TASK PROMPT: If a line in the records below contains the word "Dispatched", copy it out.

EXCERPTED DATA:
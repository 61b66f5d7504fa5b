-- ===== src/Server/Session/Sent.antt =====
-- Whole sessions, from the bytes that are read to the buffers that are written.
use cs_3_boost_echo_static_s.Base.{
  ℕ, ◌≡◌, refl, ◌∙◌, inl, inr, true, false, Option, some, List, ◌∷◌, ◌++◌, Bytes, codes, All, equal,
}
use cs_3_boost_echo_static_s.Base.Dict.{Dict}
use cs_3_boost_echo_static_s.Base.Search.{find}
use cs_3_boost_echo_static_s.Handlers.{handle_echo, handle_not_found, handle_static}
use cs_3_boost_echo_static_s.Handlers.Replies.{IsReply, handle_not_found-IsReply}
use cs_3_boost_echo_static_s.Http.{HttpRequest, HttpResponse, empty_request, empty_response}
use cs_3_boost_echo_static_s.RequestParser.Grammar.{RequestText, IsRequest, write_request, meaning}
use cs_3_boost_echo_static_s.RequestParser.Interface.{HttpRequestParser}
use cs_3_boost_echo_static_s.Response.{to_buffers}
use cs_3_boost_echo_static_s.Server.Session.Answers.{
  received, IsConfigured, Dispatched-cases, dispatch-Answered, dispatch-ne-thrown,
}
use cs_3_boost_echo_static_s.Server.Session.Dispatch.{
  Misses, dispatch_first, dispatch-unmatched_iff,
}
use cs_3_boost_echo_static_s.Server.Session.Maps.{
  path_of, handler_of, directory_of, asked, run_handler-echo, run_handler-static,
}
use cs_3_boost_echo_static_s.Server.Session.{
  no_error, dispatch, dangling, write_buffers-to_buffers, answer, session_of, session,
}

module _ (parser : HttpRequestParser) (lexical_cast : ℕ → Bytes)
    (open_file : Bytes → Option Bytes) where
  session_of-dangling :
      (handlers : List Dict) (req : HttpRequest)
      → All IsConfigured handlers
      → (r : HttpResponse) × (session_of lexical_cast open_file handlers req no_error
          ≡ dangling (to_buffers r))
        × IsReply lexical_cast r
  unfolding session_of answer
  session_of-dangling handlers req c =
      let good = dispatch-Answered lexical_cast open_file handlers req in
      elim (Dispatched-cases (dispatch lexical_cast open_file handlers req empty_response)) [
        | inl (r, e) ↦ (r, rw (e, session_of) (write_buffers-to_buffers r), rw e at good)
        | inr (inl e) ↦ (
          _,
          rw (e, session_of) (write_buffers-to_buffers _),
          handle_not_found-IsReply lexical_cast req,
        )
        | inr (inr e) ↦ absurd (dispatch-ne-thrown lexical_cast open_file handlers req c e)
      ]

  -- If every handler of the configuration is the echo handler or has a directory, then every read that
  -- does not fail gets a reply, also where it is no request at all, whose buffers dangle when they are written.
  pub session-dangling :
      (handlers : List Dict) (input : Bytes)
      → All IsConfigured handlers
      → (r : HttpResponse) × (session lexical_cast open_file parser handlers (received input)
          ≡ dangling (to_buffers r))
        × IsReply lexical_cast r
  unfolding session
  session-dangling handlers input c =
      let (p, e, _, _) = parser.answers input in rw (e, session) (session_of-dangling handlers _ c)

  -- The request that the handlers are given, when the bytes read begin with a request.
  abbrev pub request_of : RequestText → Bytes → HttpRequest
  request_of t rest = record (meaning empty_request t) { raw_request = write_request t rest }

  pub session-write_request :
      (handlers : List Dict) (t : RequestText) (rest : Bytes)
      → IsRequest t
      → session lexical_cast open_file parser handlers (received (write_request t rest))
        ≡ session_of lexical_cast open_file handlers (request_of t rest) no_error
  unfolding session
  session-write_request handlers t rest h = rw (parser.accepts t rest h, session) refl

  module _ (t : RequestText) (rest : Bytes) (request : IsRequest t) where
    -- If a read does not fail and begins with a request whose URI holds none of the configured
    -- paths, the buffers given to `write` are those of the
    -- reply with status 404.
    pub session-not_found :
        (handlers : List Dict)
        → All (Misses t.uri) handlers
        → session lexical_cast open_file parser handlers (received (write_request t rest))
          ≡ dangling
              (to_buffers (handle_not_found lexical_cast (request_of t rest) empty_response).0)
    unfolding session_of answer
    session-not_found handlers h =
        session-write_request handlers t rest request
        ∙ rw
            (
              (dispatch-unmatched_iff lexical_cast open_file handlers (request_of t rest)
                    empty_response).1
                  h,
              session_of,
            )
            (write_buffers-to_buffers _)

    module _ (before after : List Dict) (map : Dict) (position : ℕ)
        (misses : All (Misses t.uri) before)
        (found : find (path_of map) t.uri ≡ some position) where
      -- If a read does not fail and begins with a request whose URI holds the path of an echo
      -- handler, and of no handler before it, the buffers given to `write` are those of the reply of
      -- the echo handler, which is given all the bytes that were read.
      pub session-echo :
          equal (handler_of map) (codes "echo") ≡ true
          → session lexical_cast open_file parser
              (before ++ map ∷ after)
              (received (write_request t rest))
            ≡ dangling (
                to_buffers
                  (handle_echo lexical_cast
                    (asked lexical_cast open_file position map (request_of t rest))
                    empty_response).0)
      unfolding session_of answer
      session-echo h =
          session-write_request (before ++ map ∷ after) t rest request
          ∙ rw
              (
                dispatch_first lexical_cast open_file before after map position (request_of t rest)
                      empty_response misses found
                    ∙ run_handler-echo lexical_cast open_file position map (request_of t rest)
                        empty_response h,
                session_of,
              )
              (write_buffers-to_buffers _)

      -- If a read does not fail and begins with a request whose URI holds the path of a handler
      -- with another name and a directory, and of no handler before it, the buffers given to `write`
      -- are those of the reply of the static handler for that directory, which is given the URI without that path.
      pub session-static :
          (directory : Bytes)
          → equal (handler_of map) (codes "echo") ≡ false
          → directory_of map ≡ some directory
          → session lexical_cast open_file parser
              (before ++ map ∷ after)
              (received (write_request t rest))
            ≡ dangling (
                to_buffers
                  (handle_static lexical_cast open_file directory
                    (asked lexical_cast open_file position map (request_of t rest))
                    empty_response).0)
      unfolding session_of answer
      session-static directory h d =
          session-write_request (before ++ map ∷ after) t rest request
          ∙ rw
              (
                dispatch_first lexical_cast open_file before after map position (request_of t rest)
                      empty_response misses found
                    ∙ run_handler-static lexical_cast open_file position map (request_of t rest)
                        empty_response directory h d,
                session_of,
              )
              (write_buffers-to_buffers _)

SOLVED EXERCISE:
  received, IsConfigured, Dispatched-cases, dispatch-Answered, dispatch-ne-thrown,
      elim (Dispatched-cases (dispatch lexical_cast open_file handlers req empty_response)) [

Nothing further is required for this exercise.